夜でもヒルタです。私は、「しあわせな+1時間を 岡崎市」をキーメッセージに、岡崎市を「子育て・福祉・産業・まちづくり」において「日本全国のモデルになるまち」目指して活動しています。

家族との時間・学び直し・まちづくり活動・趣味や休息等……つまり、自分自身が本当にやりたいことができる時間が、「しあわせ」につながると信じています。積極的に「未来への投資」をし、20年、30年先の岡崎市も豊かで選ばれるまちへ、そんな未来をともにつくる。

ともにつくる岡崎市の未来!

私、ひるた浩一郎は、「エフェクチュエーション | effectuation」の考え方に強く共感しています。チャレンジしている人たちの勇気になる、そんな考え方やアプローチでもあります。

※今日の記事はカタカナ語ばかりです、ご承知おきください※


◯ エフェクチュエーションとは?

「熟達した起業家から発見された、“予測”ではなく“コントロール”によって不確実性に対処する思考様式」

エフェクチュエーションとは

神戸大学の吉田満梨さんから直接「エフェクチュエーション」について理解を深める機会をいただきました。私は、大田区 PiO PARKのアンバサダーを拝命しており、そのご縁でした。第1期、第2期のアンバサダーとともにお話を伺うとても貴重な機会をありがとうございます!(この事業も、ご縁もエフェクチュエーションだなと書いていて気が付きました)

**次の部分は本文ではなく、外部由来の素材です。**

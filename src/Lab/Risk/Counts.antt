-- ===== src/Lab/Risk/Counts.antt =====
-- risk_models.py: the counters, the streaks and the two histograms. The abstract view of a
-- histogram is the number of trades that its streaks cover.
use quantconnect.Prelude.{
  ℕ, ◌+◌, ◌*◌, ◌≤◌, ◌≡◌, Bool, true, false, Option, List, [], ◌∷◌, ◌++◌, arith, length,
}
use quantconnect.Num.{Num}
use quantconnect.Lab.Risk.{
  Histogram, bump, record_histogram, RiskTracker, init_risk, can_place_wager, record_win,
  record_loss, settle, count_trade, record_trade, finalize,
}

-- The trades in the streaks of a histogram, and the number of its streaks.
abbrev pub covered : Histogram → ℕ
covered [] = 0
covered ((k, n) ∷ h) = k * n + covered h

abbrev pub streaks : Histogram → ℕ
streaks [] = 0
streaks ((_, n) ∷ h) = n + streaks h

abbrev pub sum : List ℕ → ℕ
sum [] = 0
sum (x ∷ xs) = x + sum xs

covered-bump : (h : Histogram) (k : ℕ) → covered (bump h k) ≡ covered h + k
unfolding bump
covered-bump [] k = omega arith
covered-bump ((j, n) ∷ h) k = ground (arith, covered-bump h k)

streaks-bump : (h : Histogram) (k : ℕ) → streaks (bump h k) ≡ streaks h + 1
unfolding bump
streaks-bump [] k = omega arith
streaks-bump ((j, n) ∷ h) k = ground (arith, streaks-bump h k)

covered-record_histogram : (h : Histogram) (k : ℕ) → covered (record_histogram h k) ≡ covered h + k
unfolding record_histogram
covered-record_histogram h k = ground (arith, covered-bump h k)

sum-append_one : (xs : List ℕ) (k : ℕ) → sum (xs ++ k ∷ []) ≡ sum xs + k
sum-append_one [] k = omega arith
sum-append_one (x ∷ xs) k = omega (arith, sum-append_one xs k)

length-append_one : (xs : List ℕ) (k : ℕ) → length (xs ++ k ∷ []) ≡ length xs + 1
length-append_one [] k = omega arith
length-append_one (x ∷ xs) k = omega (arith, length-append_one xs k)

module _ {N : Num} where
  -- What the counters of a tracker say of one another while it runs.
  pub record IsCounted (r : RiskTracker N) : Type 0 where
    pub total : r.trades ≡ r.wins + r.losses
    pub wins_covered : r.wins ≡ covered r.win_streak_histogram + r.current_win_streak
    pub losses_covered : r.losses ≡ covered r.loss_streak_histogram + r.current_loss_streak
    pub recoveries : r.losses ≡ sum r.recovery_depths + r.current_loss_streak
    pub win_max : r.current_win_streak ≤ r.max_win_streak
    pub loss_max : r.current_loss_streak ≤ r.max_loss_streak
    pub step : r.loss_step ≡ r.current_loss_streak

  pub IsCounted-init : (bankroll : N.F) (max_steps : ℕ) → IsCounted (init_risk N bankroll max_steps)
  unfolding init_risk
  IsCounted-init bankroll max_steps = omega arith

  record_win-IsCounted :
      (r : RiskTracker N) (wager : N.F)
      → IsCounted r
      → IsCounted (record_win N (count_trade N r wager) wager)
  unfolding record_win count_trade
  record_win-IsCounted r wager h = ground (
    arith,
    covered-record_histogram r.loss_streak_histogram r.current_loss_streak,
    sum-append_one r.recovery_depths r.current_loss_streak,
  )

  record_loss-IsCounted :
      (r : RiskTracker N) (wager : N.F) (timestamp : Option ℕ) (is_martingale : Bool)
      → IsCounted r
      → IsCounted (record_loss N (count_trade N r wager) wager timestamp is_martingale)
  unfolding record_loss count_trade
  record_loss-IsCounted r wager timestamp is_martingale h =
      ground (arith, covered-record_histogram r.win_streak_histogram r.current_win_streak)

  settle-IsCounted : (r : RiskTracker N) → IsCounted r → IsCounted (settle N r).0
  unfolding settle
  settle-IsCounted r h = ground arith

  -- From a consistent tracker every trade, won or lost, leads to a consistent one: the trades are
  -- the wins and the losses, the wins are those of the win histogram and of the running streak, the
  -- losses are those of the loss histogram, and those of the recovery depths, with the running
  -- streak, no running streak is above its maximum, and the loss step is the running loss streak.
  pub record_trade-IsCounted :
      (r : RiskTracker N) (won : Bool) (wager : N.F) (timestamp : Option ℕ) (is_martingale : Bool)
      → IsCounted r
      → IsCounted (record_trade N r won wager timestamp is_martingale).0
  unfolding record_trade
  record_trade-IsCounted r true wager timestamp is_martingale h =
      settle-IsCounted _ (record_win-IsCounted r wager h)
  record_trade-IsCounted r false wager timestamp is_martingale h =
      settle-IsCounted _ (record_loss-IsCounted r wager timestamp is_martingale h)

  pub can_place_wager-IsCounted :
      (r : RiskTracker N) (wager : N.F) (timestamp : Option ℕ)
      → IsCounted r
      → IsCounted (can_place_wager N r wager timestamp).1
  unfolding can_place_wager
  can_place_wager-IsCounted r wager timestamp h = ground arith

  -- After `finalize` on a consistent tracker the streaks of the win histogram cover exactly the
  -- wins, those of the loss histogram exactly the losses, and the recovery depths add up to the
  -- losses.
  pub finalize_covers :
      (r : RiskTracker N)
      → IsCounted r
      → (covered (finalize N r).win_streak_histogram ≡ r.wins)
        × (covered (finalize N r).loss_streak_histogram ≡ r.losses)
        × (sum (finalize N r).recovery_depths ≡ r.losses)
  unfolding finalize
  finalize_covers r h = ground (
    arith,
    covered-record_histogram r.win_streak_histogram r.current_win_streak,
    covered-record_histogram r.loss_streak_histogram r.current_loss_streak,
    sum-append_one r.recovery_depths r.current_loss_streak,
  )
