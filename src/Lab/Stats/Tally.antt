-- ===== src/Lab/Stats/Tally.antt =====
-- stats_models.py: how the counters of a run agree with its tables.
use quantconnect.Prelude.{ℕ, ◌+◌, ◌≤◌, ◌≡◌, Bool, true, false, List, [], ◌∷◌, String, arith}
use quantconnect.Num.{Num}
use quantconnect.Lab.Market.{Direction, up, down}
use quantconnect.Lab.Stats.{
  StatsTracker, DirectionStats, MarketContexts, RegimeRow, RegimeTable, MarketRegime, positive,
  nonpositive, not_ready, unobserved, count_level, side_trade, contexts_trade, new_row, row_trade,
  table_trade, init_stats, record_signal, record_executed, record_trade_result,
}

abbrev pub levels_total : List (ℕ × ℕ) → ℕ
levels_total [] = 0
levels_total ((_, n) ∷ h) = n + levels_total h

levels_total-count_level :
    (h : List (ℕ × ℕ)) (k : ℕ) → levels_total (count_level h k) ≡ levels_total h + 1
unfolding count_level
levels_total-count_level [] k = omega arith
levels_total-count_level ((j, n) ∷ h) k = ground (arith, levels_total-count_level h k)

module _ {N : Num} where
  abbrev pub table_total : RegimeTable N → ℕ
  table_total [] = 0
  table_total ((_, r) ∷ t) = r.trades + table_total t

  -- A row counts each trade once by its result and once by its direction.
  pub record IsRow (r : RegimeRow N) : Type 0 where
    pub by_result : r.trades ≡ r.wins + r.losses
    pub by_direction : r.trades ≡ r.ups + r.downs

  abbrev pub AreRows : RegimeTable N → Type 0
  AreRows [] = Unit
  AreRows ((_, r) ∷ t) = IsRow r × AreRows t

  pub record IsSide (d : DirectionStats N) : Type 0 where
    pub by_result : d.trades ≡ d.wins + d.losses

  -- The trades of the three regimes of one direction.
  abbrev pub contexts_total : MarketContexts N → ℕ
  contexts_total m = m.positive_bars.trades + m.nonpositive_bars.trades + m.not_ready_bars.trades

  row_trade-IsRow :
      (r : RegimeRow N) (d : Direction) (won : Bool) (wager : N.F)
      → IsRow r
      → IsRow (row_trade N r d won wager)
  unfolding row_trade
  row_trade-IsRow r up true wager h = omega arith
  row_trade-IsRow r up false wager h = omega arith
  row_trade-IsRow r down true wager h = omega arith
  row_trade-IsRow r down false wager h = omega arith

  trades-row_trade :
      (r : RegimeRow N) (d : Direction) (won : Bool) (wager : N.F)
      → (row_trade N r d won wager).trades ≡ r.trades + 1
  unfolding row_trade
  trades-row_trade r d won wager = omega arith

  table_total-table_trade :
      (t : RegimeTable N) (regime : String) (d : Direction) (won : Bool) (wager : N.F)
      → table_total (table_trade N t regime d won wager) ≡ table_total t + 1
  unfolding table_trade
  table_total-table_trade [] regime d won wager = omega arith
  table_total-table_trade ((k, r) ∷ t) regime d won wager =
      ground (arith, table_total-table_trade t regime d won wager)

  table_trade-AreRows :
      (t : RegimeTable N) (regime : String) (d : Direction) (won : Bool) (wager : N.F)
      → AreRows t
      → AreRows (table_trade N t regime d won wager)
  unfolding table_trade
  table_trade-AreRows [] regime d won wager h =
      (row_trade-IsRow (new_row N) d won wager (omega arith), tt)
  table_trade-AreRows ((k, r) ∷ t) regime d won wager h =
      ground
        (arith, row_trade-IsRow r d won wager h.0, table_trade-AreRows t regime d won wager h.1)

  side_trade_counts :
      (s : DirectionStats N) (won : Bool) (wager : N.F)
      → IsSide s
      → IsSide (side_trade N s won wager) × ((side_trade N s won wager).trades ≡ s.trades + 1)
  unfolding side_trade
  side_trade_counts s true wager h = (omega arith, omega arith)
  side_trade_counts s false wager h = (omega arith, omega arith)

  contexts_total-contexts_trade :
      (m : MarketContexts N) (regime : MarketRegime) (won : Bool) (wager : N.F)
      → contexts_total (contexts_trade N m regime won wager) ≤ contexts_total m + 1
  unfolding contexts_trade
  contexts_total-contexts_trade m positive won wager = ground arith
  contexts_total-contexts_trade m nonpositive won wager = ground arith
  contexts_total-contexts_trade m not_ready won wager = ground arith
  contexts_total-contexts_trade m unobserved won wager = ground arith

  -- What the counters of a run say of one another.
  pub record IsTallied (s : StatsTracker N) : Type 0 where
    pub signals : s.signals_generated ≡ s.up_signals + s.down_signals
    pub executed : s.signals_executed ≡ s.up_executed + s.down_executed
    pub sides : s.executed_wins + s.executed_losses ≡ s.up_stats.trades + s.down_stats.trades
    pub up_side : IsSide s.up_stats
    pub down_side : IsSide s.down_stats
    pub levels : s.executed_wins + s.executed_losses ≡ levels_total s.recovery_level_counts
    pub regimes : s.executed_wins + s.executed_losses ≡ table_total s.regime_stats
    pub rows : AreRows s.regime_stats
    pub up_observed : contexts_total s.up_contexts ≤ s.up_stats.trades
    pub down_observed : contexts_total s.down_contexts ≤ s.down_stats.trades

  pub IsTallied-init : IsTallied (init_stats N)
  IsTallied-init = omega arith

  pub record_signal-IsTallied :
      (s : StatsTracker N) (d : Direction) → IsTallied s → IsTallied (record_signal N s d)
  unfolding record_signal
  record_signal-IsTallied s up h = ground arith
  record_signal-IsTallied s down h = ground arith

  pub record_executed-IsTallied :
      (s : StatsTracker N) (d : Direction) → IsTallied s → IsTallied (record_executed N s d)
  unfolding record_executed
  record_executed-IsTallied s up h = ground arith
  record_executed-IsTallied s down h = ground arith

  -- A recorded trade keeps the counters and the tables of a run in agreement: the wins and losses
  -- are the trades of the two directions, the counts of the recovery levels and the trades of the
  -- filter regimes, and each regime's row counts its trades once by result and once by direction,
  -- and the trades seen in an observed market regime are no more than those of their direction.
  pub record_trade_result-IsTallied :
      (s : StatsTracker N) (d : Direction) (won : Bool) (wager : N.F) (level : ℕ) (regime : String)
      (market : MarketRegime)
      → IsTallied s
      → IsTallied (record_trade_result N s d won wager level regime market)
  unfolding record_trade_result
  record_trade_result-IsTallied s up true wager level regime market h = ground (
    arith,
    levels_total-count_level s.recovery_level_counts level,
    table_total-table_trade s.regime_stats regime up true wager,
    table_trade-AreRows s.regime_stats regime up true wager h.rows,
    side_trade_counts s.up_stats true wager h.up_side,
    contexts_total-contexts_trade s.up_contexts market true wager,
  )
  record_trade_result-IsTallied s up false wager level regime market h = ground (
    arith,
    levels_total-count_level s.recovery_level_counts level,
    table_total-table_trade s.regime_stats regime up false wager,
    table_trade-AreRows s.regime_stats regime up false wager h.rows,
    side_trade_counts s.up_stats false wager h.up_side,
    contexts_total-contexts_trade s.up_contexts market false wager,
  )
  record_trade_result-IsTallied s down true wager level regime market h = ground (
    arith,
    levels_total-count_level s.recovery_level_counts level,
    table_total-table_trade s.regime_stats regime down true wager,
    table_trade-AreRows s.regime_stats regime down true wager h.rows,
    side_trade_counts s.down_stats true wager h.down_side,
    contexts_total-contexts_trade s.down_contexts market true wager,
  )
  record_trade_result-IsTallied s down false wager level regime market h = ground (
    arith,
    levels_total-count_level s.recovery_level_counts level,
    table_total-table_trade s.regime_stats regime down false wager,
    table_trade-AreRows s.regime_stats regime down false wager h.rows,
    side_trade_counts s.down_stats false wager h.down_side,
    contexts_total-contexts_trade s.down_contexts market false wager,
  )
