-- ===== src/Lab/Engine/Accounts.antt =====
-- main.py: every bar and every signal of the evaluation is accounted for, across the statistics
-- and the risk tracker.
use quantconnect.Prelude.{
  ℕ, ◌+◌, ◌≡◌, refl, Bool, true, false, inl, inr, Option, none, some, String, arith, Bool-cases, ok,
  Returns,
}
use quantconnect.Num.{Num}
use quantconnect.Lab.Market.{Direction, Bar}
use quantconnect.Lab.Stake.{StakeModel, get_wager}
use quantconnect.Lab.Risk.{
  RiskTracker, no_reason, needed_wager, max_step_exceeded, RuinReason, init_risk, can_place_wager,
  record_trade,
}
use quantconnect.Lab.Risk.Counts.{IsCounted, IsCounted-init, record_trade-IsCounted}
use quantconnect.Lab.Stats.{
  StatsTracker, MarketRegime, init_stats, record_no_direction, record_tie, record_signal,
  record_filter_not_ready, record_filter_rejected, record_filter_signal_value, record_executed,
  record_trade_result,
}
use quantconnect.Lab.Stats.Tally.{
  IsTallied, IsTallied-init, record_signal-IsTallied, record_executed-IsTallied,
  record_trade_result-IsTallied,
}
use quantconnect.Lab.Engine.{has_won, place, decide}

module _ {N : Num} where
  -- One signal was refused for want of bankroll, where the tracker was ruined that way.
  abbrev pub blocked : RuinReason N → ℕ
  blocked no_reason = 0
  blocked (needed_wager w b n) = 1
  blocked (max_step_exceeded n m) = 0

  -- The books, with `bar` bars and `signal` signals still open.
  pub record IsAccounted (bar signal : ℕ) (r : RiskTracker N) (s : StatsTracker N) : Type 0 where
    pub counted : IsCounted r
    pub tallied : IsTallied s
    pub bars : s.bars_seen ≡ s.skipped_ruined + s.skipped_no_direction + s.signals_generated + bar
    pub signals :
        s.signals_generated
        ≡ s.skipped_filter_not_ready
          + s.skipped_filter_rejected
          + s.skipped_tie
          + s.signals_executed
          + blocked r.ruin_reason
          + signal
    pub trades : s.signals_executed ≡ r.trades
    pub wins : s.executed_wins ≡ r.wins
    pub losses : s.executed_losses ≡ r.losses
    pub alive : r.ruined ≡ false → r.ruin_reason ≡ no_reason

  pub IsAccounted-init :
      (bankroll : N.F) (max_steps : ℕ)
      → IsAccounted 0 0 (init_risk N bankroll max_steps) (init_stats N)
  unfolding init_risk
  IsAccounted-init bankroll max_steps = record {
    counted = IsCounted-init bankroll max_steps;
    tallied = IsTallied-init;
    bars = refl;
    signals = refl;
    trades = refl;
    wins = refl;
    losses = refl;
    alive = λ e. refl;
  }

  -- What a recorded trade does to the fields that the statistics share.
  won_trade :
      (r : RiskTracker N) (wager : N.F) (time : Option ℕ) (martingale : Bool)
      → let r' = (record_trade N r true wager time martingale).0 in
        (r'.trades ≡ r.trades + 1)
        × (r'.wins ≡ r.wins + 1)
        × (r'.losses ≡ r.losses)
        × (r'.ruin_reason ≡ r.ruin_reason)
        × (r'.ruined ≡ r.ruined)
  unfolding record_trade
  won_trade r wager time martingale = (refl, refl, refl, refl, refl)

  lost_trade :
      (r : RiskTracker N) (wager : N.F) (time : Option ℕ) (martingale : Bool)
      → let r' = (record_trade N r false wager time martingale).0 in
        (r'.trades ≡ r.trades + 1)
        × (r'.wins ≡ r.wins)
        × (r'.losses ≡ r.losses + 1)
        × (blocked r.ruin_reason ≡ 0 → blocked r'.ruin_reason ≡ 0)
        × (r'.ruined ≡ false → (r'.ruin_reason ≡ r.ruin_reason) × (r.ruined ≡ false))
  unfolding record_trade
  lost_trade r wager time martingale = (refl, refl, refl, ground arith, ground arith)

  executed-IsTallied :
      (s : StatsTracker N) (d : Direction) (won : Bool) (wager : N.F) (level : ℕ) (regime : String)
      (market : MarketRegime)
      → IsTallied s
      → IsTallied (record_trade_result N (record_executed N s d) d won wager level regime market)
  executed-IsTallied s d won wager level regime market h =
      record_trade_result-IsTallied (record_executed N s d) d won wager level regime market
        (record_executed-IsTallied s d h)

  trade-IsAccounted :
      (r : RiskTracker N) (s : StatsTracker N) (d : Direction) (won : Bool) (wager : N.F)
      (level : ℕ) (regime : String) (market : MarketRegime) (time : Option ℕ) (martingale : Bool)
      → r.ruined ≡ false
      → IsAccounted 0 1 r s
      → IsAccounted 0 0
          (record_trade N r won wager time martingale).0
          (record_trade_result N (record_executed N s d) d won wager level regime market)
  unfolding record_trade_result record_executed
  trade-IsAccounted r s d true wager level regime market time martingale live h =
      let same = won_trade r wager time martingale in
      record {
        counted = record_trade-IsCounted r true wager time martingale h.counted;
        tallied = executed-IsTallied s d true wager level regime market h.tallied;
        bars = h.bars;
        signals = ground (arith, h.alive live);
        trades = omega arith;
        wins = omega arith;
        losses = omega arith;
        alive = ground (arith, h.alive live);
      }
  trade-IsAccounted r s d false wager level regime market time martingale live h =
      let same = lost_trade r wager time martingale in
      record {
        counted = record_trade-IsCounted r false wager time martingale h.counted;
        tallied = executed-IsTallied s d false wager level regime market h.tallied;
        bars = h.bars;
        signals = ground (arith, h.alive live);
        trades = omega arith;
        wins = omega arith;
        losses = omega arith;
        alive = ground (arith, h.alive live);
      }

  placed :
      (r : RiskTracker N) (wager : N.F) (time : Option ℕ)
      → N.lt r.bankroll wager ≡ false
      → can_place_wager N r wager time ≡ (true, r)
  unfolding can_place_wager
  placed r wager time covers = rw covers

  refused :
      (r : RiskTracker N) (wager : N.F) (time : Option ℕ)
      → N.lt r.bankroll wager ≡ true
      → can_place_wager N r wager time ≡ (false, (can_place_wager N r wager time).1)
  unfolding can_place_wager
  refused r wager time short = rw short

  refused-IsAccounted :
      (r : RiskTracker N) (s : StatsTracker N) (wager : N.F) (time : Option ℕ)
      → N.lt r.bankroll wager ≡ true
      → r.ruined ≡ false
      → IsAccounted 0 1 r s
      → IsAccounted 0 0 (can_place_wager N r wager time).1 s
  unfolding can_place_wager
  refused-IsAccounted r s wager time short live h = rw short (record {
    counted = ground (arith, h.counted);
    tallied = h.tallied;
    bars = h.bars;
    signals = ground (arith, h.alive live);
    trades = h.trades;
    wins = h.wins;
    losses = h.losses;
    alive = λ e. cc;
  })

  place-IsAccounted :
      (r : RiskTracker N) (s : StatsTracker N) (wager : N.F) (martingale : Bool) (bar : Bar N)
      (time : ℕ) (d : Direction) (regime : String) (market : MarketRegime)
      → r.ruined ≡ false
      → IsAccounted 0 1 r s
      → let (r', s') = place N r s wager martingale bar time d regime market in
        IsAccounted 0 0 r' s'
  unfolding place
  place-IsAccounted r s wager martingale bar time d regime market live h =
      elim (Bool-cases (N.lt r.bankroll wager)) [
        | inl short ↦
            rw (refused r wager (some time) short)
              (refused-IsAccounted r s wager (some time) short live h)
        | inr covers ↦ rw (placed r wager (some time) covers) (
            trade-IsAccounted r s d (has_won N d bar) wager r.loss_step regime market (some time)
              martingale live h)
      ]

  kept_value :
      {bar signal : ℕ} (r : RiskTracker N) (s : StatsTracker N) (telemetry : Option N.F)
      → IsAccounted bar signal r s
      → IsAccounted bar signal r (record_filter_signal_value N s telemetry)
  unfolding record_filter_signal_value
  kept_value r s none h = h
  kept_value r s (some value) h = elim (Bool-cases (N.eq value value)) [
    | inl number ↦ rw number (ground (arith, h))
    | inr nan ↦ rw nan h
  ]

  signalled :
      (r : RiskTracker N) (s : StatsTracker N) (d : Direction)
      → IsAccounted 1 0 r s
      → IsAccounted 0 1 r (record_signal N s d)
  unfolding record_signal
  signalled r s d h = record {
    counted = h.counted;
    tallied = record_signal-IsTallied s d h.tallied;
    bars = omega (arith, h.bars);
    signals = omega (arith, h.signals);
    trades = h.trades;
    wins = h.wins;
    losses = h.losses;
    alive = h.alive;
  }

  no_direction_closes :
      (r : RiskTracker N) (s : StatsTracker N)
      → IsAccounted 1 0 r s
      → IsAccounted 0 0 r (record_no_direction N s)
  unfolding record_no_direction
  no_direction_closes r s h = ground (arith, h)

  not_ready_closes :
      (r : RiskTracker N) (s : StatsTracker N)
      → IsAccounted 0 1 r s
      → IsAccounted 0 0 r (record_filter_not_ready N s)
  unfolding record_filter_not_ready
  not_ready_closes r s h = ground (arith, h)

  rejected_closes :
      (r : RiskTracker N) (s : StatsTracker N)
      → IsAccounted 0 1 r s
      → IsAccounted 0 0 r (record_filter_rejected N s)
  unfolding record_filter_rejected
  rejected_closes r s h = ground (arith, h)

  tie_closes :
      (r : RiskTracker N) (s : StatsTracker N)
      → IsAccounted 0 1 r s
      → IsAccounted 0 0 r (record_tie N s)
  unfolding record_tie
  tie_closes r s h = ground (arith, h)

  module _ (r : RiskTracker N) (s : StatsTracker N) (stake : StakeModel N) (martingale : Bool)
      (bar : Bar N) (time : ℕ) (telemetry : Option N.F) (regime : String) (market : MarketRegime)
      (live : r.ruined ≡ false) (h : IsAccounted 1 0 r s)
      (paid : (wager : N.F) × (get_wager N stake r.loss_step ≡ ok wager)) where
    -- The handler from the moment the bar is counted: if its wager can be
    -- computed, then whatever the models answer, the handler returns and the books close.
    pub decide-IsAccounted :
        (answer : Option Direction) (ready allowed : Bool)
        → Returns
            (λ (out : RiskTracker N × StatsTracker N). IsAccounted 0 0 out.0 out.1)
            (decide N r s stake martingale bar time answer ready allowed telemetry regime market)
    unfolding decide
    decide-IsAccounted none ready allowed = no_direction_closes r s h
    decide-IsAccounted (some d) false allowed =
        not_ready_closes r _ (kept_value r _ telemetry (signalled r s d h))
    decide-IsAccounted (some d) true false =
        rejected_closes r _ (kept_value r _ telemetry (signalled r s d h))
    decide-IsAccounted (some d) true true =
        let seen = kept_value r (record_signal N s d) telemetry (signalled r s d h) in
        elim (Bool-cases (N.eq bar.close bar.open_price)) [
          | inl tie ↦ rw tie (tie_closes r _ seen)
          | inr moved ↦
              rw (moved, paid.1)
                (place-IsAccounted r _ paid.0 martingale bar time d regime market live seen)
        ]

最近、吉田満梨さんのインタビュー記事が公開されました。エフェクチュエーションについての解説がわかりやすいので、ぜひ、ご一読ください。

変化が激しい時代の必修科目?起業家的アプローチ「エフェクチュエーション」に学ぶ

学生・若手社会人が最初の一歩を踏み出すための、エフェクチュエーション入門

さらに理解を深めたい方はエフェクチュエーション 優れた起業家が実践する「5つの原則」もオススメです。

エフェクチュエーションは、特に新しい市場や技術が関わる起業の文脈で、予測が難しく計画に基づく従来のアプローチが適用しにくい場合に有効な戦略とされています。

◯ Causeではなく、Effectuation

インタビュー記事を読まれた前提で、感想や私が感じたことを書いていきます

今までは、Cause・因果性として「最適解の追求」こそが重要だと考えられてきました。

エフェクチュエーション | Effectuationの場合は実効性として「持っている手段からはじめる」ことが重要で許容可能性の範囲でどんどんとアクションすることが重要だと。

 -ここやるとエフェクチュエーション

私は岡崎市役所の公務員時代に、プライベートで仲間とともに空き店舗を借り「ここやる」としてまちづくり活動を実施してきています。

「私は誰か、何を知っているか、誰をしっているか」、として「手中の鳥」からはじめていきました。岡崎市役所の公務員が、プライベートで空き店舗を借りてまちづくり活動をする。塩尻市(長野県)の山田崇さんといった前例は知っている。岡崎市で空き店舗を貸してくれる方は知らない。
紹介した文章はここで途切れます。